By comparison, here's the driver code for the ANTLR generated parser. Remember, the grammar and actions are defined in a file named "MWGrammar.g", which is why this code is so short:

"""Calculate the molecular weight given a molecular formula

Parse the formula using a parser generated by ANTLR
"""
# antlr_mw.py

import sys
import antlr3
from MWGrammarParser import MWGrammarParser
from MWGrammarLexer import MWGrammarLexer

def calculate_mw(formula):
    char_stream = antlr3.ANTLRStringStream(formula)
    lexer = MWGrammarLexer(char_stream)
    tokens = antlr3.CommonTokenStream(lexer)
    parser = MWGrammarParser(tokens)
    return parser.calculate_mw()

Tests and timing comparisons

The next step is to test both implementations and compare their performance. I'll extract the self-test code from my previous essay. It generates a lot of molecular formulas semi-randomly along with the MW. The MW calculation uses a completely different approach than the parser code, so it's very unlikely that there will be the same problem in both cods. But just in case, I added a few tests by hand.

With the code extracted, I'll use it to generate 2505 tests and run those formulas through each of the parser-based molecular weight calculators.

"""Run tests to validate the MW parsers and compare timing results."""
# compare_mw.py

import antlr_mw
import ply_mw

# time.clock is more accurate under Windows
import time, sys
if sys.platform == "win32":
    timer = time.clock
else:
    timer = time.time

_mw_table = {
    'H': 1.00794,
    'C': 12.001,
    'Cl': 35.453,
    'O': 15.999,
    'S': 32.06,
}
_element_names = _mw_table.keys()
def _generate_random_formulas():
    import random
    # Using semi-random values so I can check a wide space
    # Number of terms in the formula
    _possible_lengths = (1, 2, 3, 4, 5, 10, 53, 104)
    # Repeat count for each formula
    _possible_counts = tuple(range(12)) +  (88, 91, 106, 107, 200, 1234)
    for i in range(2500):
        terms = []
        total_mw = 0.0
        # Use a variety of lengths
        for j in range(random.choice(_possible_lengths)):
            symbol = random.choice(_element_names)
            terms.append(symbol)
            count = random.choice(_possible_counts)
            if count == 1 and random.randint(0, 2) == 1:
                pass
            else:
                terms.append(str(count))

            total_mw += _mw_table[symbol] * count
        yield total_mw, "".join(terms)

_selected_formulas = [
    (0.0, ""),
    (1.00794, "H"),
    (1.00794, "H1"),
    (32.06, "S"),
    (12.001+1.00794*4, "CH4"),
    ]

good_test_data = (_selected_formulas +
                  list(_generate_random_formulas()))
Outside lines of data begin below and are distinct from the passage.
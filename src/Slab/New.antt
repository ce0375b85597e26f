-- ===== src/Slab/New.antt =====
-- slab.h `slab_newcel`: the cell handed out was not in use, and nothing else changes hands.
mod Defs
mod Local
mod Moving
mod Remote
mod All
pub use Defs.*
pub use Local.{popped, newcel_popped}
pub use All.*
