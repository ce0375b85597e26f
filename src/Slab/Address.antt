-- ===== src/Slab/Address.antt =====
-- slab.h `slab_cel`: addresses of blocks and cells.
use native.Mathlib.Decide.{dec_lt}
use native.Mathlib.Nat.{mul-div_cancel}
use yalloc.Base.{
  ℕ, ◌+◌, ◌-◌, ◌*◌, ◌/◌, ◌%◌, ◌^◌, ◌<◌, ◌≡◌, refl, ◌∙◌, false, some, [], ◌==◌, arith, ◌⊎◌, inl, inr,
}
use yalloc.Slab.Region.{nocel, Region}
use yalloc.Slab.Marks.{cel_of_ofs, slab_cel}

-- The cells are of one size that is not 0, and `celord` is its order if that is not 0 itself.
pub record IsShaped (reg : Region) : Type 0 where
  pub some_len : 0 < reg.cellen
  pub order : (reg.celord ≡ 0) ⊎ (reg.cellen ≡ 2 ^ reg.celord)
  pub small : reg.celcnt < nocel

-- The address of a cell.
abbrev pub cel_ip : Region → ℕ → ℕ
cel_ip reg cel = reg.user + cel * reg.cellen

module _ (reg : Region) (s : IsShaped reg) where
  -- By shift or by division, the cell is the quotient.
  cel_of_ofs_lem : (ofs : ℕ) → cel_of_ofs reg reg.cellen ofs ≡ ofs / reg.cellen % 2 ^ 32
  unfolding cel_of_ofs
  cel_of_ofs_lem ofs = elim (dec_lt 0 reg.celord) [
    | no none_set ↦ ground arith
    | yes pos ↦ elim (s.order) [
      | inl e ↦ absurd (omega arith)
      | inr e ↦ let test : (reg.celord == 0) ≡ false = ground arith in rw (test, ← e) refl
    ]
  ]

  -- slab_cel() finds the cell of each block address, and reports nothing.
  pub slab_cel_lem :
      (cel : ℕ)
      → cel < reg.celcnt
      → slab_cel reg (cel_ip reg cel) reg.cellen reg.celcnt ≡ (some cel, [])
  unfolding slab_cel
  slab_cel_lem cel lt =
      let ofs : reg.user + cel * reg.cellen - reg.user ≡ cel * reg.cellen = omega arith in
      let quot : cel * reg.cellen / reg.cellen ≡ cel = mul-div_cancel cel s.some_len in
      let found : cel_of_ofs reg reg.cellen (cel * reg.cellen) ≡ cel =
        cel_of_ofs_lem (cel * reg.cellen) ∙ rw quot (omega (arith, s.small)) in
      ground (arith, ofs, found)

  -- An address that slab_cel() accepts is the address of the cell that it answers, which is one of
  -- the region's: an address inside a block, below the region or above its cells is refused.
  pub slab_cel_found :
      (ip cel : ℕ)
      → (slab_cel reg ip reg.cellen reg.celcnt).0 ≡ some cel
      → (ip ≡ cel_ip reg cel) × (cel < reg.celcnt)
  unfolding slab_cel
  slab_cel_found ip cel e = ground (arith, e)
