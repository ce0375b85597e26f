-- ===== src/Slab/Malloc.antt =====
-- slab.h `slab_malloc`: the block that a request gets.
use native.Mathlib.Decide.{dec_lt}
use yalloc.Base.{
  ℕ, ◌+◌, ◌*◌, ◌≤◌, ◌<◌, ◌≡◌, ◌≢◌, refl, true, false, Option, none, some, [], ltb, ◌==◌,
  if◌then◌else◌, arith, ap, ◌⊎◌, inl, inr, update,
}
use yalloc.Slab.Region.{Region, Out}
use yalloc.Slab.Cells.{slab_newcel}
use yalloc.Slab.Blocks.{slab_malloc, store_len}
use yalloc.Slab.Valid.{live, IsValid, IsRemoteBin}
use yalloc.Slab.New.{Alloced, IsFull, Outcome, newcel-Outcome}
use yalloc.Slab.Address.{cel_ip}

-- A new block of `ulen` bytes at `p`: a cell of the region that was not in use.
pub record NewBlock (reg : Region) (ulen p : ℕ) (reg' : Region) : Type 0 where
  pub cel : ℕ
  pub at_cel : p ≡ cel_ip reg cel
  -- inside the region
  pub above : reg.user ≤ p
  pub bounded : p + ulen ≤ reg.user + reg.celcnt * reg.cellen
  -- it shares no byte with a block that is in use
  pub apart :
      (c : ℕ) → live reg c ≡ true → (p + ulen ≤ cel_ip reg c) ⊎ (cel_ip reg c + reg.cellen ≤ p)
  pub valid : IsValid reg'
  pub marks : (c : ℕ) → live reg' c ≡ (if cel == c then true else live reg c)

-- A block, or a full region, and no report in either case.
abbrev pub Served : Region → ℕ → Out (Option ℕ) → Type 0
Served reg ulen (some p, reg', log) = NewBlock reg ulen p reg' × (log ≡ [])
Served reg ulen (none, reg', log) = IsFull reg × (log ≡ [])

-- Validity does not depend on the stored lengths, nor on the age.
pub with_lens : (reg : Region) (lens : ℕ → ℕ) → IsValid reg → IsValid (record reg { lens = lens })
with_lens reg lens v = record {
  small = v.small;
  inipos_le = v.inipos_le;
  fresh = v.fresh;
  begun = v.begun;
  bin_list = v.bin_list;
  bin_count = v.bin_count;
  remote_list = remote reg.rembin v.remote_list;
  remote_count = v.remote_count;
  referred = v.referred;
  room = v.room;
}
  where
    remote : (o : Option (ℕ → ℕ)) → IsRemoteBin reg o → IsRemoteBin (record reg { lens = lens }) o
    remote none h = h
    remote (some rbin) h = h

pub with_age : (reg : Region) (age : ℕ) → IsValid reg → IsValid (record reg { age = age })
with_age reg age v = record {
  small = v.small;
  inipos_le = v.inipos_le;
  fresh = v.fresh;
  begun = v.begun;
  bin_list = v.bin_list;
  bin_count = v.bin_count;
  remote_list = remote reg.rembin v.remote_list;
  remote_count = v.remote_count;
  referred = v.referred;
  room = v.room;
}
  where
    remote : (o : Option (ℕ → ℕ)) → IsRemoteBin reg o → IsRemoteBin (record reg { age = age }) o
    remote none h = h
    remote (some rbin) h = h

pub store_len-IsValid :
    (reg : Region) (cel ulen : ℕ) → IsValid reg → IsValid (store_len reg cel ulen)
store_len-IsValid reg cel ulen v = elim (dec_lt 1023 reg.cellen) [
  | yes large ↦
      let e : ltb 1023 reg.cellen ≡ true = ground arith in
      rw e (with_lens reg (update reg.lens cel ulen) v)
  | no small ↦ let e : ltb 1023 reg.cellen ≡ false = ground arith in rw e v
]

-- Two cells are the same or lie apart.
cells_apart : (a b len : ℕ) → a ≢ b → (a * len + len ≤ b * len) ⊎ (b * len + len ≤ a * len)
cells_apart a b len ne = elim (dec_lt a b) [
  | yes lt ↦ inl (grind arith)
  | no ge ↦ inr (grind arith)
]

module _ (reg : Region) (ulen : ℕ) (some_len : 0 < ulen) (le : ulen ≤ reg.cellen) where
  found-NewBlock :
      (cel : ℕ) (reg₁ : Region)
      → Alloced (record reg { age = 0 }) cel reg₁
      → NewBlock reg ulen (reg₁.user + cel * reg₁.cellen) (store_len reg₁ cel ulen)
  found-NewBlock cel reg₁ a =
      let place : reg₁.user + cel * reg₁.cellen ≡ cel_ip reg cel =
        rw (a.shape.user, a.shape.cellen) refl in
      let inside : cel * reg.cellen + reg.cellen ≤ reg.celcnt * reg.cellen =
        grind (arith, a.inside) in
      rw place (record {
        cel = cel;
        at_cel = refl;
        above = omega arith;
        bounded = omega arith;
        apart = λ c h.
            ground
              (arith, cells_apart cel c reg.cellen (λ e. ground (arith, a.free, ap (live reg) e)));
        valid = store_len-IsValid reg₁ cel ulen a.valid;
        marks = λ c. ground (arith, a.marks c);
      })

  go :
      (out : Out (Option ℕ))
      → Outcome (record reg { age = 0 }) out
      → Served reg ulen (elim (out.0) [
        | none ↦ (none, out.1, out.2)
        | some cel ↦ (some (out.1.user + cel * out.1.cellen), store_len out.1 cel ulen, out.2)
      ])
  go (none, reg₁, log) (full, same, quiet) =
      (record { bin = full.bin; ini = full.ini; remote = full.remote }, quiet)
  go (some cel, reg₁, log) (a, quiet) = (found-NewBlock cel reg₁ a, quiet)

  -- slab_malloc() of a length that fits a cell, on a region in order that is in use, gives a block
  -- inside the region that shares no byte with a block in use, and leaves the region in order with
  -- that block, and no other, added to those in use; or the region is full. It reports nothing.
  pub slab_malloc-Served : reg.aged ≡ 0 → IsValid reg → Served reg ulen (slab_malloc reg ulen)
  unfolding slab_malloc
  slab_malloc-Served young v =
      let some_test : (ulen == 0) ≡ false = ground arith in
      let le_test : ltb reg.cellen ulen ≡ false = ground arith in
      let young_test : (reg.aged == 0) ≡ true = ground arith in
      rw (some_test, le_test, young_test)
        (go (slab_newcel (record reg { age = 0 }))
          (newcel-Outcome (record reg { age = 0 }) (with_age reg 0 v)))
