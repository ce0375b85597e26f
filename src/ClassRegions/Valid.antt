-- ===== src/ClassRegions/Valid.antt =====
-- The slab regions of a heap in order.
use yalloc.Base.{◌<◌, ◌^◌, ℕ, ◌<◌, true, false, Option, none, some, ◌==◌, if◌then◌else◌, ◌≡◌}
use yalloc.Slab.Region.{Region}
use yalloc.Slab.Address.{cel_ip}
use yalloc.Slab.Valid.{IsValid, live}
use yalloc.ClassRegions.State.{ClassHeap}

-- A region that cells are taken from.
pub record IsOpen (reg : Region) : Type 0 where
  pub valid : IsValid reg
  pub young : reg.aged ≡ 0
  pub short : reg.cellen < 2 ^ 32

-- The regions that were made are open, and only those are entered in a class.
pub record IsOrdered (hb : ClassHeap) : Type 0 where
  pub opened : (i : ℕ) → i < hb.made → IsOpen (hb.regs i)
  pub entered : (clas pos i : ℕ) → hb.clasregs clas pos ≡ some i → i < hb.made

-- The same cells are in use.
abbrev pub IsSame : Region → Region → Type 0
IsSame reg reg' = (c : ℕ) → live reg' c ≡ live reg c

-- A cell that was free is in use, no other one changes, and its address is `p`.
pub record IsBlock (reg reg' : Region) (p : ℕ) : Type 0 where
  pub cel : ℕ
  pub at_cel : p ≡ cel_ip reg' cel
  pub inside : cel < reg'.celcnt
  pub of_cellen : reg'.cellen ≡ reg.cellen
  pub free : live reg cel ≡ false
  pub marks : (c : ℕ) → live reg' c ≡ (if cel == c then true else live reg c)

-- What slab_alloc() makes of a region.
abbrev pub SlabOut : Region → Option ℕ → Region → Type 0
SlabOut reg none reg' = IsOpen reg' × IsSame reg reg'
SlabOut reg (some p) reg' = IsOpen reg' × IsBlock reg reg' p
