-- ===== src/ClassRegions/Block.antt =====
-- slab.h `slab_alloc` but for aligned_alloc(), on a region in order.
use yalloc.Base.{
  ℕ, ◌+◌, ◌*◌, true, false, not, ◌&&◌, Option, none, some, List, ◌==◌, ltb, arith, ◌≡◌, inl, inr,
  refl, sym, ap, subst, ◌∙◌, ◌<◌, ◌^◌, Bool-cases, ◌∷◌, if◌then◌else◌, [],
}
use yalloc.Slab.Region.{assertion, Region, RegStat, Diag, Out, HeapStat}
use yalloc.Slab.Cells.{slab_newcel}
use yalloc.Slab.Blocks.{
  Loc, lalloc, lallocal, lcalloc, lreal, is_allocal, is_calloc, Allocated, slab_alloc, alloc_block,
  store_len,
}
use yalloc.Slab.Valid.{IsValid, IsRemoteBin, live}
use yalloc.Slab.New.{Alloced, Outcome, newcel-Outcome}
use yalloc.Slab.Malloc.{with_age, store_len-IsValid}
use yalloc.ClassRegions.Valid.{IsOpen, IsBlock, SlabOut}

with_stat : (reg : Region) (stat : RegStat) → IsValid reg → IsValid (record reg { stat = stat })
with_stat reg stat v = record {
  small = v.small;
  inipos_le = v.inipos_le;
  fresh = v.fresh;
  begun = v.begun;
  bin_list = v.bin_list;
  bin_count = v.bin_count;
  remote_list = remote reg.rembin v.remote_list;
  remote_count = v.remote_count;
  referred = v.referred;
  room = v.room;
}
  where
    remote : (o : Option (ℕ → ℕ)) → IsRemoteBin reg o → IsRemoteBin (record reg { stat = stat }) o
    remote none h = h
    remote (some rbin) h = h

-- The stored length changes nothing else.
store_len-same :
    {A : Type 0} (f : Region → A)
    → ((r : Region) (lens : ℕ → ℕ) → f (record r { lens = lens }) ≡ f r)
    → (reg : Region) (cel ulen : ℕ) → f (store_len reg cel ulen) ≡ f reg
store_len-same f same reg cel ulen = elim (Bool-cases (ltb 1023 reg.cellen)) [
  | inl large ↦ rw large (same reg _)
  | inr small ↦ rw small refl
]

module _ (reg : Region) (o : IsOpen reg) (hb : HeapStat) (ulen : ℕ) (loc : Loc) (mem : ℕ → ℕ) where
  abbrev young : Region
  young = record reg { age = 0 }

  -- The block of a cell.
  block-SlabOut :
      (cel : ℕ) (reg₁ : Region) (log : List Diag)
      → Alloced young cel reg₁
      → SlabOut reg
          (alloc_block hb reg₁ ulen loc mem reg.inipos cel log).ptr
          (alloc_block hb reg₁ ulen loc mem reg.inipos cel log).reg
  unfolding alloc_block
  block-SlabOut cel reg₁ log al =
      let stored = store_len reg₁ cel ulen in
      let valid = store_len-IsValid reg₁ cel ulen al.valid in
      let aged : stored.aged ≡ 0 =
        store_len-same (λ r. r.aged) (λ r l. refl) reg₁ cel ulen ∙ (al.shape.aged ∙ o.young) in
      let of_cellen : stored.cellen ≡ reg₁.cellen =
        store_len-same (λ r. r.cellen) (λ r l. refl) reg₁ cel ulen in
      let of_user : stored.user ≡ reg₁.user =
        store_len-same (λ r. r.user) (λ r l. refl) reg₁ cel ulen in
      let of_celcnt : stored.celcnt ≡ reg₁.celcnt =
        store_len-same (λ r. r.celcnt) (λ r l. refl) reg₁ cel ulen in
      let short : stored.cellen < 2 ^ 32 =
        subst (λ n. n < 2 ^ 32) (sym (of_cellen ∙ al.shape.cellen)) o.short in
      let is_block : IsBlock reg stored (reg₁.user + cel * reg₁.cellen) = record {
        cel = cel;
        at_cel = rw (of_user, of_cellen) refl;
        inside = omega (arith, of_celcnt, al.shape.celcnt, al.inside);
        of_cellen = of_cellen ∙ al.shape.cellen;
        free = al.free;
        marks = λ c. store_len-same (λ r. live r c) (λ r l. refl) reg₁ cel ulen ∙ al.marks c;
      } in
      let counted = record stored {
        stat = record (stored.stat) { callocs = stored.stat.callocs + 1 };
      } in
      let is_block' : IsBlock reg counted (reg₁.user + cel * reg₁.cellen) = record {
        cel = cel;
        at_cel = is_block.at_cel;
        inside = is_block.inside;
        of_cellen = is_block.of_cellen;
        free = al.free;
        marks = is_block.marks;
      } in
      let opened : IsOpen counted = record {
        valid = with_stat stored _ valid;
        young = aged;
        short = short;
      } in
      elim (Bool-cases (is_calloc loc)) [
        | inr plain ↦ rw plain (record { valid = valid; young = aged; short = short }, is_block)
        | inl clears ↦ elim (Bool-cases (not (reg.inipos == reg₁.inipos) && (reg₁.clr == 0))) [
          | inl zeros ↦ rw (clears, zeros) (opened, is_block')
          | inr dirty ↦ rw (clears, dirty) (opened, is_block')
        ]
      ]

  -- Once the cell is looked for.
  abbrev pub found : Out (Option ℕ) → Allocated
  found out = elim (out.0) [
    | none ↦ record { ptr = none; hb = hb; reg = out.1; mem = mem; log = out.2 }
    | some cel ↦ alloc_block hb out.1 ulen loc mem reg.inipos cel out.2
  ]

  abbrev stopped : Allocated
  stopped = record { ptr = none; hb = hb; reg = reg; mem = mem; log = assertion ∷ [] }

  found-SlabOut :
      (out : Out (Option ℕ)) → Outcome young out → SlabOut reg (found out).ptr (found out).reg
  found-SlabOut (none, reg₁, log) (full, same, quiet) = (
    subst IsOpen (sym same)
        (record { valid = with_age reg 0 o.valid; young = o.young; short = o.short }),
    λ c. ap (λ (r : Region). live r c) same,
  )
  found-SlabOut (some cel, reg₁, log) (al, quiet) = block-SlabOut cel reg₁ log al

-- Without an alignment.
pub plain_lem :
    (reg : Region) (o : IsOpen reg) (hb : HeapStat) (ulen align : ℕ) (loc : Loc) (mem : ℕ → ℕ)
    → is_allocal loc ≡ false
    → slab_alloc hb reg ulen align loc mem ≡ (
        if ulen == 0
        then stopped reg o hb ulen loc mem
        else if ltb reg.cellen ulen
        then stopped reg o hb ulen loc mem
        else if not (reg.aged == 0)
        then stopped reg o hb ulen loc mem
        else found reg o hb ulen loc mem (slab_newcel (record reg { age = 0 })))
unfolding slab_alloc
plain_lem reg o hb ulen align lallocal mem e = cc
plain_lem reg o hb ulen align lalloc mem e = refl
plain_lem reg o hb ulen align lcalloc mem e = refl
plain_lem reg o hb ulen align lreal mem e = refl

pub slab_alloc-SlabOut :
    (reg : Region)
    → IsOpen reg
    → (hb : HeapStat) (ulen align : ℕ) (loc : Loc) (mem : ℕ → ℕ) → is_allocal loc ≡ false
    → SlabOut reg
        (slab_alloc hb reg ulen align loc mem).ptr
        (slab_alloc hb reg ulen align loc mem).reg
slab_alloc-SlabOut reg o hb ulen align loc mem plain =
    subst (λ (a : Allocated). SlabOut reg a.ptr a.reg)
      (sym (plain_lem reg o hb ulen align loc mem plain))
      (elim (Bool-cases (ulen == 0)) [
        | inl nothing ↦ rw nothing (o, λ c. refl)
        | inr some_len ↦ elim (Bool-cases (ltb reg.cellen ulen)) [
          | inl large ↦ rw (some_len, large) (o, λ c. refl)
          | inr fits ↦
              let young_test : (reg.aged == 0) ≡ true = ground (arith, o.young) in
              rw (some_len, fits, young_test)
                (found-SlabOut reg o hb ulen loc mem (slab_newcel (record reg { age = 0 }))
                  (newcel-Outcome (record reg { age = 0 }) (with_age reg 0 o.valid)))
        ]
      ])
def do_tests(calculate_mw):
    start_time = timer()
    for expected_mw, formula in good_test_data:
        got_mw = calculate_mw(formula)
        if expected_mw != got_mw:
            raise AssertionError("%r expected %r got %r" %
                                 (formula, expected_mw, got_mw))
    return timer() - start_time

print "Testing", len(good_test_data), "formulas"

# Evaluate everything with ANTLR
antlr_time = do_tests(antlr_mw.calculate_mw)
print "ANTLR", antlr_time

# Evaluate everything with PLY
ply_time = do_tests(ply_mw.calculate_mw)
print "PLY", ply_time

print "ratio = %.02f" % (antlr_time / ply_time)

# I really should test that they handle invalid formulas ...

which when I run it gives me output like this:

% python compare_mw.py
Testing 2505 formulas
ANTLR 8.90074515343
PLY 2.39185404778
ratio = 3.72

PLY for this grammar is about 3.7 times faster than ANTLR.

Faster with a specialized parser

Of course, if you want speed you can write a special-purpose parser instead. The following runs about 13 times faster than PLY:

import re
mw_pat = re.compile(r"(Cl|C|O|S|H)(\d+)?")

_mw_table = {
    'H': 1.00794,
    'C': 12.001,
    'Cl': 35.453,
    'O': 15.999,
    'S': 32.06,
}

def re_mw(formula):
    total_mw = 0.0
    offset = 0
    while 1:
        match = mw_pat.match(formula, offset)
        if match is None:
            break

        symbol = match.group(1)
        weight = _mw_table[symbol]
        count = match.group(2)
        if count is None:
            total_mw += weight
        else:
            total_mw += weight * int(count)
        offset = match.end(0)

    if offset != len(formula):
        raise TypeError("unknown or unexpected character at position %d" % (offset+1,))
    return total_mw

Remember though that the point of this is to get a better understanding of how to use ANTLR. I normally wouldn't parse such a simple grammar using ANTLR or PLY or other parsing system as that's overkill. Consider, however, a more complex formula allowing expressions like "CH3(CH2)6CH3" for octane. That's much harder to do manually but only a couple of extra lines using ANTLR or PLY.

Error handling in ANTLR

(Note: In my original version I could not get error handling to work as I expected. With help from Benjamin Niemann I got it figured out.)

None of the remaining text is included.